Why This Matters for AI’s Future
Despite the hype and limitations, HRM represents something important: a fundamentally different approach to AI reasoning. While everyone else is making transformers bigger, HRM suggests that architectural innovation might matter more than scale.
Key insights for the field:
- Biological inspiration works: Brain-like hierarchical processing shows promise
- Language isn’t everything: Direct latent reasoning avoids conversion overhead
- Specialization has value: Not every model needs to do everything
- Data efficiency is possible: Smart architectures can learn from fewer examples
The Verdict: Revolutionary But Not Ready
HRM is simultaneously overhyped and genuinely innovative. It’s not the general intelligence breakthrough that viral posts suggest, but it’s also not just another incremental improvement.
What HRM is:
- A clever specialized architecture for algorithmic reasoning
- Proof that small models can excel in specific domains
- An important research direction for efficient AI
- A reminder that bigger isn’t always better
What HRM isn’t:
- A replacement for general-purpose language models
- Proven at scale or on diverse tasks
- Peer-reviewed or independently validated
- The “future of AI” (at least not yet)
Looking Forward
HRM’s approach might inspire the next generation of AI architectures. Imagine combining:
- HRM’s efficient latent reasoning for logical tasks
- Traditional transformers for language understanding
- Specialized modules for different cognitive functions
This modular, brain-inspired future might deliver both efficiency and capability. But for now, HRM remains a fascinating glimpse of one possible path forward—not the destination itself.

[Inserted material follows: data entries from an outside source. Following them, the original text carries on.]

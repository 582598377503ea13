-- ===== src/Speech/Advance.antt =====
-- The next clause of a text, of nextPlannedSpeechClause in internal/voice/speech_planner.go: what it
-- takes off the text, and how it is marked.
use agent_server.Prelude.{
  ℕ, ◌≤ℤ◌, ◌≡◌, inl, inr, refl, Bool, true, false, not, Bool-cases, length, is_empty, pos, arith,
}
use agent_server.Text.{Text, trim_space}
use agent_server.Text.Trim.{IsTrimmed, trim_space-IsTrimmed, trim_space-nil}
use agent_server.Speech.Cut.{IsNormal}
use agent_server.Speech.Boundary.{SpeechPlannerConfig, next_planned_speech_segment}
use agent_server.Speech.Clause.{
  PlannedSpeechClause, is_final_flush, next_planned_speech_clause, clause_of_segment,
  classify_speech_clause_boundary, classify_planned_speech_clause,
}
use agent_server.Speech.Segment.{
  solid-trim_space, segment-Splits, Splits, blank_solid, flushed_segment, prompt_segment,
}

abbrev pub is_blank : Text → Bool
is_blank s = is_empty (trim_space s)

-- The marks of a clause that is not blank.
pub record IsMarked (flush : Bool) (index : ℕ) (c : PlannedSpeechClause) (rest : Text)
    : Type 0 where
  pub numbered : c.index ≡ index
  pub tidy : IsTrimmed c.text
  pub eager : c.can_start_before_finalized ≡ not flush
  pub final : flush ≡ true → is_final_flush c.boundary_kind ≡ is_empty rest

final_kind :
    (segment rest : Text)
    → is_blank segment ≡ false
    → IsTrimmed rest
    → is_final_flush (classify_speech_clause_boundary segment rest true) ≡ is_empty rest
unfolding classify_speech_clause_boundary
final_kind segment rest h t = rw t (ground arith)

clause_of-Splits :
    (flush can_start : Bool) (index : ℕ) (runes segment rest : Text)
    → Splits runes segment rest
    → let next = clause_of_segment flush can_start index (segment, rest) in
      Splits runes (next.0).text next.1
unfolding clause_of_segment classify_planned_speech_clause
clause_of-Splits flush can_start index runes segment rest s =
    elim (Bool-cases (is_empty (trim_space segment))) [
      | inl blank ↦ rw blank (record {
        kept = rw (blank_solid segment blank) at s.kept;
        trimmed = s.trimmed;
        shorter = inl (rw trim_space-nil refl);
      })
      | inr more ↦ rw more (record {
        kept = rw (solid-trim_space segment) s.kept;
        trimmed = s.trimmed;
        shorter = rw (trim_space-IsTrimmed segment) s.shorter;
      })
    ]

pub next_clause-Splits :
    (cfg : SpeechPlannerConfig) (flush can_start : Bool) (index : ℕ) (text : Text)
    → let next = next_planned_speech_clause cfg flush can_start index text in
      Splits (trim_space text) (next.0).text next.1
unfolding next_planned_speech_clause
next_clause-Splits cfg flush can_start index text =
    let next = next_planned_speech_segment cfg flush text in
    clause_of-Splits flush can_start index (trim_space text) next.0 next.1
      (segment-Splits cfg flush text)

clause_of-IsMarked :
    (flush : Bool) (index : ℕ) (segment rest : Text)
    → IsTrimmed rest
    → let next = clause_of_segment flush (not flush) index (segment, rest) in
      is_blank (next.0).text ≡ false → IsMarked flush index next.0 next.1
unfolding clause_of_segment classify_planned_speech_clause
clause_of-IsMarked flush index segment rest t = elim (Bool-cases (is_empty (trim_space segment))) [
  | inl blank ↦ rw (blank, trim_space-nil) (λ e. cc)
  | inr more ↦ rw more (λ e. record {
    numbered = refl;
    tidy = trim_space-IsTrimmed segment;
    eager = refl;
    final = λ f. rw f (final_kind segment rest more t);
  })
]

pub next_clause-IsMarked :
    (cfg : SpeechPlannerConfig) (flush : Bool) (index : ℕ) (text : Text)
    → let next = next_planned_speech_clause cfg flush (not flush) index text in
      is_blank (next.0).text ≡ false → IsMarked flush index next.0 next.1
unfolding next_planned_speech_clause
next_clause-IsMarked cfg flush index text =
    let next = next_planned_speech_segment cfg flush text in
    clause_of-IsMarked flush index next.0 next.1 (segment-Splits cfg flush text).trimmed

clause_of_nonblank :
    (flush can_start : Bool) (index : ℕ) (segment rest : Text)
    → is_blank segment ≡ false
    → is_blank ((clause_of_segment flush can_start index (segment, rest)).0).text ≡ false
unfolding clause_of_segment classify_planned_speech_clause
clause_of_nonblank flush can_start index segment rest h = rw h (rw (trim_space-IsTrimmed segment) h)

pub flushed_clause :
    (cfg : SpeechPlannerConfig) (index : ℕ) (text : Text)
    → is_blank text ≡ false
    → is_blank ((next_planned_speech_clause cfg true false index text).0).text ≡ false
unfolding next_planned_speech_clause
flushed_clause cfg index text h =
    let next = next_planned_speech_segment cfg true text in
    clause_of_nonblank true false index next.0 next.1 (flushed_segment cfg text h)

pub prompt_clause :
    (cfg : SpeechPlannerConfig) (index : ℕ) (text : Text)
    → IsNormal cfg
    → cfg.target_chunk_runes ≤ℤ pos 4611686018427387904
    → is_blank text ≡ false
    → cfg.target_chunk_runes ≤ℤ pos (length (trim_space text))
    → is_blank ((next_planned_speech_clause cfg false true index text).0).text ≡ false
unfolding next_planned_speech_clause
prompt_clause cfg index text normal small k long =
    let next = next_planned_speech_segment cfg false text in
    clause_of_nonblank false true index next.0 next.1 (prompt_segment cfg text normal small k long)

The real test will come when:
- Independent researchers reproduce the results
- The architecture is tested on diverse benchmarks
- Someone tries scaling it up
- Real-world applications emerge
Until then, appreciate HRM for what it is: a bold experiment in thinking differently about AI reasoning. Just don’t believe everything you read in viral threads.
Want to dive deeper? Check out the actual paper (not the incorrect arxiv ID from the viral post) and the official implementation. And remember: in AI, as in investing, if something sounds too good to be true, it usually needs more context.